En los Estados Unidos, el racismo ha cobrado fuerza y se percibe como uno de los motores ideológicos que han alimentado corrientes políticas extremas en los últimos años. A estas ideologías se han sumado multitudes que comparten objetivos nefastos: imponer la supremacía racial y excluir a quienes no se ajustan a su concepto de “pureza”. Los ataques verbales y físicos contra la comunidad latina, afroamericana y otras minorías son una dolorosa evidencia de esta realidad.

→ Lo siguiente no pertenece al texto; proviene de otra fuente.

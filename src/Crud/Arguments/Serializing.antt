-- ===== src/Crud/Arguments/Serializing.antt =====
-- `dcrudArguments_serialize` (C/src/dcrud/Arguments.c).
use mathlib.Core.Option
use dcrud.Base.{ℕ, ◌%◌, Bool, true, Option, none, some}
use dcrud.Util.Status.{Status, no_error, null_argument, illegal_state, check}
use dcrud.Util.SafeCast.{valid, failed, safe_cast}
use dcrud.Coll.Compare.{Ordering}
use dcrud.Coll.Libc.{Libc}
use dcrud.Coll.CollMap
use dcrud.Coll.CollMap.{Pair}
use dcrud.Io.ByteBuffer.{Buffer, put_byte}
use dcrud.Io.ByteBuffer.Numbers.{
  put_short, put_ushort, put_int, put_uint, put_long, put_ulong, put_float, put_double,
}
use dcrud.Io.ByteBuffer.Text.{put_string}
use dcrud.Crud.ClassId
use dcrud.Crud.ClassId.{object, serialize_type}
use dcrud.Crud.Guid
use dcrud.Crud.Outbox.{serialize_data}
use dcrud.Crud.Arguments.{
  ArgumentType, Value, Misread, Name, Arguments, arguments_magic, code, number_in, text_in,
  class_in, guid_in,
}
use dcrud.Crud.Arguments.Gets.{get_type}

module _ (host_big : Bool) {P G D : Type 0} (misread : Misread P G D) where
  -- The `switch` of `serializePair`.
  abbrev pub put_typed : ArgumentType → Value P → Option Buffer → Status × Option Buffer
  put_typed ArgumentType.null value target = (no_error, target)
  put_typed ArgumentType.boolean value target = put_byte target (number_in misread host_big 1 value)
  put_typed ArgumentType.byte value target = put_byte target (number_in misread host_big 1 value)
  put_typed ArgumentType.char value target = put_byte target (number_in misread host_big 1 value)
  put_typed ArgumentType.short value target =
      put_short host_big target (number_in misread host_big 2 value)
  put_typed ArgumentType.unsigned_short value target =
      put_ushort host_big target (number_in misread host_big 2 value)
  put_typed ArgumentType.integer value target =
      put_int host_big target (number_in misread host_big 4 value)
  put_typed ArgumentType.unsigned_integer value target =
      put_uint host_big target (number_in misread host_big 4 value)
  put_typed ArgumentType.long value target =
      put_long host_big target (number_in misread host_big 8 value)
  put_typed ArgumentType.unsigned_long value target =
      put_ulong host_big target (number_in misread host_big 8 value)
  put_typed ArgumentType.float value target =
      put_float host_big target (number_in misread host_big 4 value)
  put_typed ArgumentType.double value target =
      put_double host_big target (number_in misread host_big 8 value)
  put_typed ArgumentType.string value target = put_string host_big target (text_in misread value)
  put_typed ArgumentType.class_id value target =
      ClassId.serialize (Option.map object (class_in misread value)) target
  put_typed ArgumentType.guid value target =
      Guid.serialize host_big (some (guid_in misread value)) target
  put_typed ArgumentType.shareable value target = (illegal_state, target)

  -- What `serializePair` puts behind the name. An object is not found through the value: the value
  -- itself is taken for the object.
  abbrev pub put_value : ArgumentType → Value P → Option Buffer → Status × Option Buffer
  put_value ArgumentType.shareable value target =
      let item = misread.object value in
      let (status, target') = ClassId.serialize item.class_id target in
      check status (serialize_data item.factory (misread.user_data value) target') (status, target')
  put_value type value target =
      let (status, target') = serialize_type (code type) target in
      check status (put_typed type value target') (status, target')

  abbrev pub put_named : Name → Value P → Option Buffer → ArgumentType → Status × Option Buffer
  put_named key value target type =
      let (status, target') = put_string host_big target key in
      check status (put_value type value target') (status, target')

  abbrev pub put_found :
      Name → Value P → Option Buffer → Status × Option ArgumentType → Status × Option Buffer
  put_found key value target (status, none) = (status, target)
  put_found key value target (status, some type) =
      check status (put_named key value target type) (status, target)

module _ (libc : (A : Type 0) (cmp : A → A → Ordering) → Libc cmp) (host_big : Bool)
    {P G D : Type 0} (misread : Misread P G D) where
  -- `serializePair`
  abbrev pub serialize_pair :
      Arguments P → Option Buffer → ℕ → Pair Name (Value P) → Status × Option Buffer
  serialize_pair source target index (key, none) = (null_argument, target)
  serialize_pair source target index (key, some value) =
      put_found host_big misread key value target (get_type libc (some source) key true)

  -- The body of `dcrudArguments_serialize`: the mode, the queue and the arguments.
  abbrev pub serialize_this : Arguments P → Option Buffer → Status × Option Buffer
  serialize_this this target =
      let (status, target1) = put_byte target (this.mode % 256) in
      let (status', target2) = put_byte target1 (this.queue % 256) in
      check status
        (check status' (CollMap.foreach (serialize_pair this) this.args target2) (status', target2))
        (status, target1)

  -- `dcrudArguments_serialize`
  unfoldable pub serialize : Option (Arguments P) → Option Buffer → Status × Option Buffer
  serialize self none = (null_argument, none)
  serialize self (some target) = elim (safe_cast (λ a. a.magic) arguments_magic self) [
    | failed status ↦ (status, some target)
    | valid this ↦ serialize_this this (some target)
  ]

Este problema no se limita al continente Americano. Es un fenómeno global. Países como España y muchas naciones europeas están presenciando un incremento alarmante de discursos y políticas xenófobas. El racismo no es solo cultural, es espiritual: nace del pecado, del orgullo y del desprecio hacia la obra de Dios en la diversidad humana.

Como líderes cristianos, debemos reflexionar seriamente: ¿Cómo estamos educando a nuestro pueblo acerca del racismo? ¿Estamos denunciándolo desde nuestros púlpitos, enseñando a nuestras congregaciones que esta ideología es incompatible con el evangelio de Jesucristo? El racismo es pecado. Atenta contra el segundo gran mandamiento: “Amarás a tu prójimo como a ti mismo” (Mateo 22:39).

La fe cristiana enseña que todos fuimos creados a imagen de Dios (Génesis 1:27) y que en Cristo “no hay judío ni griego, esclavo ni libre, hombre ni mujer, porque todos somos uno en Él” (Gálatas 3:28). El mensaje del evangelio derriba muros, no los construye. Divide el pecado, no a la humanidad.

Hoy más que nunca, la iglesia debe alzar su voz profética contra el racismo y enseñar que el amor, la justicia y la igualdad son valores innegociables del Reino de Dios. Callar es ser cómplice; actuar es obedecer a Cristo.

Tenemos que comprender que el racismo no es un problema político, ¡es un pecado que mata! En Estados Unidos, vemos cómo la supremacía blanca, hoy disfrazada del “Evangelio Nacionalista Blanco”, hacen manifiesto el odio racial y contaminan corazones y políticas. Pero este cáncer no es exclusivo de América; España, Europa y gran parte del mundo sufren la misma enfermedad. 

Cristo Jesús enseñó: “Amarás a tu prójimo como a ti mismo” (Mateo 22:39). Entonces, ¿cómo puede llamarse cristiano quien desprecia a otros por su color de piel o su origen? ¡Iglesia del Señor, despierta! El silencio nos hace cómplices. Debemos denunciarlo, educar y actuar. El Reino de Dios no tiene fronteras raciales. En Cristo, todos somos uno (Gálatas 3:28).